Sensible defaults for the resilience knobs: a 2-second per-attempt timeout, two retries at 100ms then 250ms, and a breaker tripping after 5 consecutive failures and cooling for 30 seconds. The caller supplies the rule's erEval; the knobs are policy with these defaults.

backoffPolicy :: [Int] -> RetryPolicyM IO Source #

An ecBackoff schedule compiled to a Control.Retry policy: the retry at iteration n waits the n-th delay (microseconds) before it, and the policy stops (yields Nothing) once the schedule is exhausted — so the list's length is the retry budget. [] admits no retry (a single attempt); [a, b] admits up to two. Inspect the resulting delays without sleeping with simulatePolicy.

data Breaker Source #

The breaker's state, gating whether the guarded operation may be attempted.

A Closed breaker is healthy and counts consecutive failures towards the trip threshold; an Open breaker fast-fails until its instant passes; a HalfOpen breaker has admitted one recovery probe and is waiting on its outcome.

Constructors

Closed Int

Healthy: the consecutive-failure count so far, up to the trip threshold.

Open UTCTime

Tripped until the given instant: attempts fast-fail until then.

HalfOpen

Cooldown elapsed: one probe attempt is admitted to test recovery.

Instances

Instances details
Show Breaker Source # 
Instance details

Defined in Ecluse.Breaker

Methods

showsPrec :: Int -> Breaker -> ShowS #

show :: Breaker -> String #

showList :: [Breaker] -> ShowS #

Eq Breaker Source # 
Instance details

Defined in Ecluse.Breaker

Methods

(==) :: Breaker -> Breaker -> Bool #

(/=) :: Breaker -> Breaker -> Bool #

newBreaker :: IO (TVar Breaker) Source #

A fresh, healthy breaker (no failures recorded) in a new TVar.

newtype BreakerReporter Source #

An observer of breaker state changes: invoked with the breaker's new state after a transition commits, so a layer that cares (a state gauge) can record it.
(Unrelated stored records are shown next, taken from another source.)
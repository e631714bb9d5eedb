-- ===== src/Xbpi/Client/Exchange.antt =====
-- What an exchange returns and what it leaves on the wire.
use sartoriuslib.Prelude.{
  ℕ, ◌+◌, ◌≡◌, ◌≢◌, refl, ap, ◌∙◌, [], ◌∷◌, ◌++◌, true, false, arith, length, length-append, get_or,
  Bool-cases, inl, inr,
}
use sartoriuslib.Prelude.Bytes.{Bytes}
use sartoriuslib.Errors.{ErrorClass, connection}
use sartoriuslib.Errors.Result.{Result, ok, err}
use sartoriuslib.Errors.Exec.{◌>>=◌, bind-eq-ok}
use sartoriuslib.Transport.{SerialTypes, Transport}
use sartoriuslib.Transport.Fake.{FakeTransport, reply_bytes, lookup_script, drain_input}
use sartoriuslib.Transport.Fake.Buffer.{IsQuiet, fake_transport, read_exact-front, write-answer}
use sartoriuslib.Xbpi.Types.{XbpiFrame}
use sartoriuslib.Xbpi.Framing.{checksum, parse_frame, rx_marker}
use sartoriuslib.Xbpi.Framing.Codec.{encode_reply, decoded_reply, parse-encode}
use sartoriuslib.Xbpi.Client.{XbpiClient, execute, exchange, parse_or_drain, check_refusal}

check_refusal_ok : (g f : XbpiFrame) → check_refusal g ≡ ok f → (g ≡ f) × (f.subtype ≢ 1)
unfolding check_refusal
check_refusal_ok g f h = (ground arith, λ e. ground arith)

raw_of : (raw : Bytes) (f : XbpiFrame) → parse_frame raw ≡ ok f → f.raw ≡ raw
unfolding parse_frame
raw_of raw f h = ground arith

parse_frame_raw : (raw : Bytes) (f : XbpiFrame) → parse_frame raw ≡ ok f → parse_frame f.raw ≡ ok f
parse_frame_raw raw f h = ap parse_frame (raw_of raw f h) ∙ h

module _ {k : SerialTypes} {T : Type 0} (transport : Transport k T) where
  parse_or_drain_ok :
      (r : Result XbpiFrame) (t : T) (f : XbpiFrame)
      → (parse_or_drain transport r t).0 ≡ ok f
      → r ≡ ok f
  unfolding parse_or_drain
  parse_or_drain_ok (ok g) t f h = h
  parse_or_drain_ok (err c) t f h = cc

  -- A retired client raises and touches no byte of the wire.
  pub execute-disposed :
      (client : XbpiClient) (request : Bytes) (t : T)
      → client.disposed ≡ true
      → execute transport client request t ≡ (err connection, t)
  unfolding execute
  execute-disposed client request t h = rw h

  exchange_validated :
      (request : Bytes) (t : T) (f : XbpiFrame)
      → (exchange transport request t).0 ≡ ok f
      → (f.subtype ≢ 1) × (parse_frame f.raw ≡ ok f)
  unfolding exchange
  exchange_validated request t f h =
      let (_, _, h1) = bind-eq-ok (transport.write request) _ t h in
      let (lb, _, h2) = bind-eq-ok (transport.read_exact 1) _ _ h1 in
      let (rest, _, h3) = bind-eq-ok (transport.read_exact (get_or lb 0 0)) _ _ h2 in
      let (g, parsed, h4) =
        bind-eq-ok (parse_or_drain transport (parse_frame (lb ++ rest))) _ _ h3 in
      let (same, subtype) = check_refusal_ok g f h4 in
      (subtype, parse_frame_raw (lb ++ rest) f (parse_or_drain_ok _ _ g parsed ∙ ap ok same))

  -- Over every transport, a frame that the client returns comes from a client that is not retired, was validated
  -- by parse_frame and is no refusal.
  pub execute-validated :
      (client : XbpiClient) (request : Bytes) (t : T) (f : XbpiFrame)
      → (execute transport client request t).0 ≡ ok f
      → (client.disposed ≡ false) × (f.subtype ≢ 1) × (parse_frame f.raw ≡ ok f)
  unfolding execute
  execute-validated client request t f h = elim (Bool-cases client.disposed) [
    | inl retired ↦ absurd (ground arith)
    | inr active ↦
        let returned : (exchange transport request t).0 ≡ ok f = ground arith in
        let (subtype, valid) = exchange_validated request t f returned in (active, subtype, valid)
  ]

-- The state that an exchange on a scripted transport leaves.
abbrev pub after_exchange : {k : SerialTypes} → FakeTransport k → Bytes → Bytes → FakeTransport k
after_exchange s request rest = record s { writes = s.writes ++ request ∷ []; read_buffer = rest }

-- A reply behind its length byte.
abbrev after_length : ℕ → Bytes → Bytes
after_length subtype body =
    rx_marker ∷ subtype ∷ body ++ checksum ((length body + 3) ∷ rx_marker ∷ subtype ∷ body) ∷ []

length-after_length :
    (subtype : ℕ) (body : Bytes) → length (after_length subtype body) ≡ length body + 3
length-after_length subtype body =
    omega
      (arith, length-append body (checksum ((length body + 3) ∷ rx_marker ∷ subtype ∷ body) ∷ []))

module _ {k : SerialTypes} (s : FakeTransport k) (quiet : IsQuiet s) (client : XbpiClient)
    (active : client.disposed ≡ false) (request : Bytes) where
  abbrev answer : Bytes
  answer = reply_bytes (lookup_script s.script request) request

  -- The request is written, as many bytes as the first one says are read, and what they hold is parsed.
  execute_reads :
      (len : ℕ) (body rest : Bytes)
      → s.read_buffer ++ answer ≡ len ∷ body ++ rest
      → length body ≡ len
      → execute (fake_transport k) client request s
        ≡ (parse_or_drain (fake_transport k) (parse_frame (len ∷ body)) >>= λ f t.
              (check_refusal f, t))
            (after_exchange s request rest)
  unfolding execute
  execute_reads len body rest e size =
      let start : FakeTransport k = record s {
        writes = s.writes ++ request ∷ [];
        read_buffer = s.read_buffer ++ answer;
      } in
      let one =
        read_exact-front start
          (record { opened = quiet.opened; reads = quiet.reads; writes = quiet.writes }) 1
          (len ∷ []) (body ++ rest) e refl in
      let two =
        read_exact-front (after_exchange s request (body ++ rest))
          (record { opened = quiet.opened; reads = quiet.reads; writes = quiet.writes }) len body
          rest refl size in
      rw (active, write-answer s quiet request answer refl) (rw one (rw two refl))

  -- On an open scripted transport without forced failures, whose unread bytes and answer begin with a whole reply,
  -- the reply is returned, or raised as the refusal that it is, and what stands behind it stays in the buffer: a
  -- refusal does not drain the input.
  pub execute-reply :
      (subtype : ℕ) (body rest : Bytes)
      → s.read_buffer ++ answer ≡ encode_reply subtype body ++ rest
      → execute (fake_transport k) client request s
        ≡ (check_refusal (decoded_reply subtype body), after_exchange s request rest)
  unfolding parse_or_drain
  execute-reply subtype body rest e =
      execute_reads (length body + 3) (after_length subtype body) rest e
        (length-after_length subtype body)
      ∙ rw (parse-encode subtype body)

  -- On an open scripted transport without forced failures, bytes that are no frame are raised as parse_frame
  -- raises them, and the input is drained, so that the next call starts from an empty buffer.
  pub execute-garbled :
      (len : ℕ) (body rest : Bytes) (c : ErrorClass)
      → s.read_buffer ++ answer ≡ len ∷ body ++ rest
      → length body ≡ len
      → parse_frame (len ∷ body) ≡ err c
      → execute (fake_transport k) client request s ≡ (err c, after_exchange s request [])
  unfolding parse_or_drain drain_input
  execute-garbled len body rest c e size bad = execute_reads len body rest e size ∙ rw bad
Deliberately telemetry-agnostic — it is just a Breaker -> IO () callback, so the breaker and its callers (Ecluse.Rules.Effectful, the credential refresher) stay free of any metric dependency; the composition root supplies the bridge to the instruments. noBreakerReporter is the inert default: a breaker observed by it records nothing, which is also how a breaker constructed before the telemetry substrate exists behaves until the live observer is installed.

Constructors

BreakerReporter (Breaker -> IO ()) 

noBreakerReporter :: BreakerReporter Source #

The inert reporter: discards the state, recording nothing.

Evaluation

evalRulesEffectful :: EvalContext -> [PrecededRule] -> [PrecededEffectfulRule] -> PackageDetails -> IO Decision Source #

Evaluate a package version against both tiers, the effectful tier layered on the pure one. Returns the same Decision the pure evalRules would, unless an effectful rule that could still change the outcome takes a position.

The pure tier runs first. Its winning precedence P then bounds the effectful work: only effectful rules ranked at or above P are consulted — a lower-ranked one cannot outrank the pure winner — and the effectful tier is skipped entirely (no IO) when none qualifies, so a rule set with no effectful rules, or none ranked high enough, behaves exactly as the pure tier. The qualifying effectful rules are run through runEffectfulRule (timeout, retry, breaker), and the resulting candidates compete against the pure winner under the same (precedence, deny-before-allow) comparator. An effectful Unavailable that wins is fail-closed to Undecidable.

runEffectfulRule :: EvalContext -> EffectfulRule -> PackageDetails -> IO RuleOutcome Source #

Run one effectful rule through its resilience harness: the circuit breaker gates the attempt, then the rule's IO runs under a per-attempt timeout with bounded retry and backoff. A clean verdict (Allow/Deny/Abstain) resets the breaker and is returned; an exhausted rule (timeout, exception, the breaker open, or the rule itself yielding Unavailable on every attempt) advances the breaker and resolves per the rule's erOnErrorUnavailable (fail-closed) or Abstain (fail-open).

The breaker timing reads the EvalContext clock, so it is deterministic under test. Total — it never throws; a rule failure becomes an outcome.